Records excerpted from a collection:
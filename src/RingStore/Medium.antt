-- ===== src/RingStore/Medium.antt =====
-- What is asked of a backend for durability: a write that returns ok is held at its place, and a flush
-- that returns ok makes all that is held durable. Readings of the clock change neither.
use tfdb.Prelude.{ℕ, ◌≡◌, List}
use tfdb.Status.{ok}
use tfdb.RingStore.State.{Device}

pub record Medium {S : Type 0} (dev : Device S) : Type 1 where
  pub Holds : ℕ → List ℕ → S → Type 0
  pub IsFlushed : S → Type 0
  pub write-Holds :
      (offset : ℕ) (bs : List ℕ) (s : S)
      → ((dev.write offset bs s).0 ≡ ok)
      → Holds offset bs (dev.write offset bs s).1
  pub flush-Holds :
      (offset : ℕ) (bs : List ℕ) (s : S) → Holds offset bs s → Holds offset bs (dev.flush s).1
  pub flush-IsFlushed : (s : S) → ((dev.flush s).0 ≡ ok) → IsFlushed (dev.flush s).1
  pub now-Holds :
      (offset : ℕ) (bs : List ℕ) (s : S) → Holds offset bs s → Holds offset bs (dev.now s).1
  pub now-IsFlushed : (s : S) → IsFlushed s → IsFlushed (dev.now s).1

WORK REQUIRED: Note every line of the entries in which "write" appears, and copy it down.

OUTPUT FOR THIS TASK:
-- What is asked of a backend for durability: a write that returns ok is held at its place, and a flush
  pub write-Holds :
      → ((dev.write offset bs s).0 ≡ ok)
      → Holds offset bs (dev.write offset bs s).1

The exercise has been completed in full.